Journal of Integrative Agriculture (Jan 2024)
Effect of chemical regulators on the recovery of leaf physiology, dry matter accumulation and translocation, and yield-related characteristics in winter wheat following dry-hot wind
Abstract
Dry-hot wind stress causes losses in wheat productivity in major growing regions worldwide, especially winter wheat in the Huang-Huai-Hai Plain of China, and both the occurrence and severity of such events are likely to increase with global climate change. To investigate the recovery of physiological functions and yield formation using a new non-commercial chemical regulator (NCR) following dry-hot wind stress, we conducted a three-year field experiment (2018–2021) with sprayed treatments of tap water (control), monopotassium phosphate (CKP), NCR at both the jointing and flowering stages (CFS), and NCR only at the jointing stage (FSJ) or flowering stage (FSF). The leaf physiology, biomass accumulation and translocation, grain-filling process, and yield components in winter wheat were assessed. Among the single spraying treatments, the FSJ treatment was beneficial for the accumulation of dry matter before anthesis, as well as larger increases in the maximum grain-filling rate and mean grain-filling rate.
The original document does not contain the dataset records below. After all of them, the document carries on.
-- ===== src/CacheSim/Stuck.antt =====
-- Lab3/csim.c with three ways or more: which lines the simulator can evict.
use model_lib.Prelude.{
  ℕ, ◌≡◌, refl, ap, ◌∙◌, Bool, true, false, ◌||◌, Option, some, List, [], ◌∷◌, ◌==◌, if◌then◌else◌,
  arith, Bool-cases, inl, inr, ◌⊎◌,
}
use model_lib.Prelude.Int.{ℤ, pos}
use model_lib.CacheSim.{
  Line, CacheSet, Mode, is_store, Effect, hits, access, scan_lines, after_scan, evict, evict_line,
  touch_lru, behind, Scan, hit, missed,
}

abbrev pub tags : List Line → List ℕ
tags [] = []
tags (l ∷ ls) = l.tag ∷ tags ls

abbrev pub all_valid : List Line → Bool
all_valid [] = true
all_valid (l ∷ ls) = if l.v then all_valid ls else false

-- Lines that all hold a block, with the tags `rest` from the third one on.
pub data FullLines (rest : List ℕ) : List Line → Type 0 where
  full_lines :
      (l0 l1 : Line) (ls : List Line)
      → l0.v ≡ true
      → l1.v ≡ true
      → tags ls ≡ rest
      → all_valid ls ≡ true
      → FullLines rest (l0 ∷ l1 ∷ ls)

-- A set with such lines whose next victim is one of the first two.
pub record IsFull (rest : List ℕ) (row : CacheSet) : Type 0 where
  pub held : FullLines rest row.lines
  pub victim : (row.lru ≡ pos 0) ⊎ (row.lru ≡ pos 1)

-- What the scan of a full set gives.
pub data FullScan (ls : List Line) : Scan → Type 0 where
  found :
      {ls' : List Line} {i : ℕ}
      → tags ls' ≡ tags ls
      → all_valid ls' ≡ true
      → FullScan ls (hit ls' i)
  not_found : FullScan ls missed

head_valid :
    (l : Line) (ls : List Line) → all_valid (l ∷ ls) ≡ true → (l.v ≡ true) × (all_valid ls ≡ true)
head_valid l ls a = elim (Bool-cases l.v) [ inl v ↦ (v, ground arith) | inr f ↦ ground arith ]

behind-FullScan :
    {l : Line} {ls : List Line} {s : Scan}
    → l.v ≡ true
    → FullScan ls s
    → FullScan (l ∷ ls) (behind l s)
behind-FullScan {l} v (found t a) = found (ap (λ ts. l.tag ∷ ts) t) (ground arith)
behind-FullScan v not_found = not_found

scan_lines-hit :
    (tag : ℕ) (mode : Mode) (l : Line) (ls : List Line)
    → l.v ≡ true
    → (l.tag == tag) ≡ true
    → scan_lines tag mode (l ∷ ls) ≡ hit (record l { d = is_store mode || l.d } ∷ ls) l.index
unfolding scan_lines
scan_lines-hit tag mode l ls v here = ground arith

scan_lines-later :
    (tag : ℕ) (mode : Mode) (l : Line) (ls : List Line)
    → l.v ≡ true
    → (l.tag == tag) ≡ false
    → scan_lines tag mode (l ∷ ls) ≡ behind l (scan_lines tag mode ls)
unfolding scan_lines
scan_lines-later tag mode l ls v other = ground arith

scan_lines-nil : (tag : ℕ) (mode : Mode) → scan_lines tag mode [] ≡ missed
unfolding scan_lines
scan_lines-nil tag mode = refl

all_valid-cons :
    (l : Line) (ls : List Line) → l.v ≡ true → all_valid ls ≡ true → all_valid (l ∷ ls) ≡ true
all_valid-cons l ls v a = ground arith

scan_lines-FullScan :
    (tag : ℕ) (mode : Mode) (ls : List Line)
    → all_valid ls ≡ true
    → FullScan ls (scan_lines tag mode ls)
scan_lines-FullScan tag mode [] a = rw (scan_lines-nil tag mode) not_found
scan_lines-FullScan tag mode (l ∷ ls) a =
    (let (v, rest) = head_valid l ls a in
      let later = behind-FullScan v (scan_lines-FullScan tag mode ls rest) in
      elim (Bool-cases (l.tag == tag)) [
        | inl here ↦
            rw (scan_lines-hit tag mode l ls v here)
              (found refl (all_valid-cons (record l { d = is_store mode || l.d }) ls v rest))
        | inr other ↦ rw (scan_lines-later tag mode l ls v other) later
      ])

full_of :
    (ls : List Line) {a b : ℕ} {rest : List ℕ}
    → tags ls ≡ a ∷ b ∷ rest
    → all_valid ls ≡ true
    → FullLines rest ls
full_of [] t v = ground arith
full_of (l0 ∷ []) t v = ground arith
full_of (l0 ∷ l1 ∷ ls) t v =
    (let (v0, w) = head_valid l0 (l1 ∷ ls) v in
      let (v1, z) = head_valid l1 ls w in full_lines l0 l1 ls v0 v1 (ground arith) z)

touch_lru-victim :
    (ways i : ℕ) (lru : ℤ)
    → (lru ≡ pos 0) ⊎ (lru ≡ pos 1)
    → (touch_lru ways i lru ≡ pos 0) ⊎ (touch_lru ways i lru ≡ pos 1)
unfolding touch_lru
touch_lru-victim ways i lru v = ground (arith, v)

-- An access that goes well and leaves such a set.
pub record Stays (rest : List ℕ) (o : Option (CacheSet × Effect)) : Type 0 where
  pub row' : CacheSet
  pub effect : Effect
  pub runs : o ≡ some (row', effect)
  pub full : IsFull rest row'

valid_of : {rest : List ℕ} {ls : List Line} → FullLines rest ls → all_valid ls ≡ true
valid_of (full_lines l0 l1 ls v0 v1 t v) =
    all_valid-cons l0 (l1 ∷ ls) v0 (all_valid-cons l1 ls v1 v)

same_tags :
    {rest : List ℕ} {ls : List Line} (ls' : List Line)
    → FullLines rest ls
    → tags ls' ≡ tags ls
    → all_valid ls' ≡ true
    → FullLines rest ls'
same_tags ls' (full_lines l0 l1 ls v0 v1 t v) e w =
    full_of ls' (e ∙ ap (λ ts. l0.tag ∷ l1.tag ∷ ts) t) w

-- The line that goes, and the set afterwards.
evicted :
    {rest : List ℕ} (ways tag : ℕ) (mode : Mode) (row : CacheSet) (lines : List Line) (lru : ℤ)
    → row ≡ record { lines = lines; lru = lru }
    → FullLines rest lines
    → (lru ≡ pos 0) ⊎ (lru ≡ pos 1)
    → Stays rest (evict ways tag mode row lru)
unfolding evict evict_line
evicted ways tag mode row lines lru e (full_lines l0 l1 ls v0 v1 t v) (inl first) =
    rw (e, first)
      (record {
        row' = _;
        effect = _;
        runs = refl;
        full = record {
          held = full_lines (record l0 { tag = tag; d = is_store mode }) l1 ls v0 v1 t v;
          victim = touch_lru-victim ways l0.index (pos 0) (inl refl);
        };
      })
evicted ways tag mode row lines lru e (full_lines l0 l1 ls v0 v1 t v) (inr second) =
    rw (e, second)
      (record {
        row' = _;
        effect = _;
        runs = refl;
        full = record {
          held = full_lines l0 (record l1 { tag = tag; d = is_store mode }) ls v0 v1 t v;
          victim = touch_lru-victim ways l1.index (pos 1) (inr refl);
        };
      })

after_scan-Stays :
    {rest : List ℕ} (ways tag : ℕ) (mode : Mode) (row : CacheSet) {s : Scan}
    → IsFull rest row
    → FullScan row.lines s
    → Stays rest (after_scan ways tag mode row s)
unfolding after_scan
after_scan-Stays ways tag mode row f (found {ls' = ls'} {i = i} t v) = record {
  row' = _;
  effect = hits;
  runs = refl;
  full = record {
    held = same_tags ls' f.held t v;
    victim = touch_lru-victim ways i row.lru f.victim;
  };
}
after_scan-Stays ways tag mode row f not_found =
    evicted ways tag mode row row.lines row.lru refl f.held f.victim

-- On a full set whose next victim is one of the first two lines, every access succeeds, the lines
-- from the third one on keep their tags, and the next victim is one of the first two lines again.
pub access-Stays :
    {rest : List ℕ} (ways tag : ℕ) (mode : Mode) (row : CacheSet)
    → IsFull rest row
    → Stays rest (access ways tag mode row)
unfolding access
access-Stays ways tag mode row f =
    after_scan-Stays ways tag mode row f (scan_lines-FullScan tag mode row.lines (valid_of f.held))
The FSF treatment performed better in maintaining a high relative chlorophyll content as indicated by the SPAD value, and a low rate of excised leaf water loss in flag leaves, promoting dry matter accumulation and the contribution to grain after anthesis, prolonging the duration of grain filling, and causing the period until the maximum grain-filling rate reached earlier. The CFS treatment was better than any other treatments in relieving the effects of dry-hot wind. The exogenous NCR treatments significantly increased grain yields by 12.45–18.20% in 2018–2019, 8.89–13.82% in 2019–2020, and 8.10–9.00% in 2020–2021. The conventional measure of the CKP treatment only increased grain yield by 6.69% in 2020–2021. The CFS treatment had the greatest mitigating effect on yield loss under dry-hot wind stress, followed by the FSF and FSJ treatments, and the CKP treatment only had a minimal effect. In summary, the CFS treatment could be used as the main chemical control measure for wheat stress resistance and yield stability in areas with a high incidence of dry-hot wind. This treatment can effectively regulate green retention and the water status of leaves, promote dry matter accumulation and efficient translocation, improve the grain-filling process, and ultimately reduce yield losses.